Verify Data is Arriving in LogScale

Once you have completed the above steps the AWS VPC Flow data should be arriving in your LogScale repository.

You can verify this by doing a simple search for to see the events:

logscale
#Vendor = "aws"
|#event.module="cloud-vpc"

Package Contents Explained

This package parses incoming data, and normalizing the data as part of that parsing. The parser normalizes the data to CrowdStrike Parsing Standard (CPS) 1.0 schema based on OpenTelemetry standards, while still preserving the original data.

If you want to search using the original field names and values, you can access those in the fields whose names are prefixed with the word Vendor. Fields which are not prefixed with Vendor are standard fields which are either based on the schema (e.g. source.ip) or on LogScale conventions (e.g. @rawstring).

The fields which the parser currently maps the data to, are chosen based on what seems the most relevant, and will potentially be expanded in the future. But the parser won't necessarily normalize every field that has potential to be normalized.

Event Categorisation

As part of the schema, events are categorized by fields:

  • event.kind

  • event.category

  • event.type

  • #event.outcome

(#event.outcome is a tag, hence the "#")

event.kind and #event.outcome can be searched using Field Filters, but event.category and event.type are arrays, so need to be searched using the following syntax:

logscale
array:contains("event.category[]", value="network")

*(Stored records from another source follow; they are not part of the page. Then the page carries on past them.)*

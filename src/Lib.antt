-- ===== src/Lib.antt =====
-- FlashStack keeps return addresses on shadow stacks. An assembler driver, FlashStack/afl-as.c,
-- rewrites the assembly that a compiler emits: it prints a prologue behind `.cfi_startproc`, an
-- epilogue in place of `ret`, and, if asked to, code around calls. FlashStack/spa.h selects one
-- scheme at compile time. For the scheme USE_SPA_GS_RSP the library FlashStack/gs.rsp.c gives every
-- thread a shadow stack, puts its distance to the call stack into the gs register, and moves it to
-- a random place from time to time. The library FlashStack/fsgs.c of USE_SPA_FS_GS_TLS does the
-- same with the metadata on a page of its own. For the buddy schemes the shadow stack
-- lies beside the call stack, and a random number is added to every address on it from time to
-- time. A compiler is called through the drivers FlashStack/afl-gcc.c and FlashStack/afl-rustc.c.
--
-- Base: what the modules share. Bytes are numbers, texts are lists of bytes.
-- Asm: the instructions that afl-as.c prints, and a machine that runs them on 64-bit words. Memory
-- is addressed by words: two accesses meet if their addresses are equal.
-- Scheme: function_entry and function_exit are what add_instrumentation prints at `.cfi_startproc`
-- and for `ret`, for each scheme of FlashStack/spa.h; Scheme/Calls has the code for calls, with
-- SPA_PROTECTED_FUNC_MAGIC_NUM and SPA_LENGTH_OF_PROTECTED_PROLOGUE.
-- Names: is_target_func and its callers, is_protected_function and spa_open_protected_funcs_list of
-- FlashStack/afl-as.c. libc_names and libcxx_names are arguments: no theorem depends on what they
-- hold. The binary search runs on fuel, one more than the length of the table, and is shown to end
-- within it.
-- Instrument: add_instrumentation, with its local variables as a record and the parts of its loop
-- in the order of the source. A line comes with the number that random() gives for it. What is
-- printed for the user, and opening and closing files, is left out.
-- Command: edit_params and spa_is_rustc_pass_thru of FlashStack/afl-as.c, which make the options that
-- Instrument takes as given.
-- Runtime: FlashStack/gs.rsp.c. get_memory_at_random is Runtime/Obtain, init_shadow_stack
-- Runtime/Prepare, gs_rsp_runtime_rerandomize Runtime/Rerandomize, and the table of ended threads
-- Runtime/Regions. The variables of the library are a record, memory is a function with a test of
-- what is mapped, and touching what is not mapped is a fault. mmap, munmap, mremap, arch_prctl,
-- rdtsc and rdrand are the record System; Runtime/Promises says what their manual pages promise,
-- and Tests/Linux has a system that keeps it. The loop of get_memory_at_random needs no fuel, for
-- it counts its attempts; that of do_init_shadow_stack, which runs until memory is to be had, runs
-- on fuel, and its theorem says for which fuel it succeeds. Each function runs as a whole; the
-- functions that share the table hold a mutex.
-- Buddy: the runtime library of the buddy schemes, FlashStack/buddy_tls.c, FlashStack/simd_rand.c
-- and FlashStack/init.c. Buddy has the memory, the macros of FlashStack/spa.h and avx2_64_x_4_add,
-- Buddy/Randomize au_edu_unsw_randomize, and Buddy/Setup the preparation of a thread; Buddy/Bound
-- has buddy_get_stack_bound, whose call is compiled out. A page can be read, or written too; a
-- store to a page that cannot be written is a fault. mprotect is a parameter, and Buddy/Promises
-- says what is relied on. The loop runs on fuel, one more than the end of its range, and is shown
-- to end within it. Buddy/During joins this with the prologue and the epilogue of Scheme. The
-- layout is shown for the default size of the call stack.
-- Fsgs: FlashStack/fsgs.c, the runtime library of USE_SPA_FS_GS_TLS: fsgs_runtime_rerandomize as a
-- whole, get_memory_at_random, and in Fsgs/Setup the preparation of a thread, for which the bounds
-- of the call stack are an argument, and in Fsgs/Regions the table of ended threads. Fsgs/During
-- joins the moves with the prologue and the epilogue of Scheme. The system is the record Os.
-- Fsgs/Promises says what its manual pages promise, and, in Serves and Spacious, what is asked of it
-- for a move to succeed. The loop of get_memory_at_random has no bound in the source and runs on
-- fuel: seven rounds are enough where there is room. SPA_ENABLE_GS_MSR, which the source leaves
-- undefined, is an argument of type Bool. With it the loop of Buddy changes the values: Fsgs/Values,
-- Fsgs/Renewed and Fsgs/Decoded are about the library, Fsgs/Changing and Fsgs/Returned join it with
-- Scheme. There the stack pointer of the preparation is called `entry`.
-- Driver: FlashStack/afl-gcc.c and FlashStack/afl-rustc.c: find_as, edit_params (Driver/Arguments and
-- Driver/Compile) and main up to execvp. The files that can be executed are a parameter.
-- Threads: pthread_create and do_start_routine of FlashStack/gs.rsp.c, FlashStack/fsgs.c,
-- FlashStack/init.c and FlashStack/fork.c. The real pthread_create and malloc are the record Supplied.
-- The objects through which the arguments go are a list with their addresses; what other threads
-- do in between is a relation, Meanwhile.
-- Hooks: FlashStack/rt_lib.c, the functions of the C library that are hooked, with
-- DO_RANDOMIZATION of the buddy schemes.
-- Main: main of FlashStack/afl-as.c, which joins Command and Instrument.
-- Tests: the theorems at concrete arguments.
--
-- Not modelled: the variables that the drivers of the compilers set in the environment of the
-- child; srandom, and setenv in the constructor of FlashStack/init.c; the counters for gdb;
-- FlashStack/util.c, of which nothing is used; the headers copied from AFL, the files copied from
-- Firefox, the scripts and the lists of names.
mod Base
pub mod Asm
pub mod Scheme
pub mod Names
pub mod Instrument
pub mod Command
pub mod Runtime
pub mod Buddy
pub mod Driver
pub mod Fsgs
pub mod Threads
pub mod Hooks
pub mod Main
mod Tests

This will find events where some event.category[n] field contains the value network, regardless of what n is.

Note that not all events will be categorized to this level of detail.

For example, the following will find events where some event.type[n] field contains the value network, regardless of what n is.

Note that not all events will be categorized to this level of detail.

Normalized Fields

Here are some of the normalized fields which are being set by this parser:

  • source.* (e.g. source.ip, source.port, source.address )

  • observer.* (e.g. observer.ingress.interface.id )

  • ecs.* (e.g. ecs.version )

  • server.* (e.g. server.ingress.interface.id )

  • error.* (e.g. error.field )

  • network.* (e.g. network.bytes,network.type,network.packets, network.iana )

  • event.* (e.g. event.type, event.start, event.category,event.action,event.module,event.kind,event.end)

  • destination.* (e.g. destination.port,destination.ip,destination.address )

Next Steps and Use Cases

You can get actionable insights from your AWS Web Application Framework by searching for suspicious activity in LogScale using the search UI, dashboards or alerts.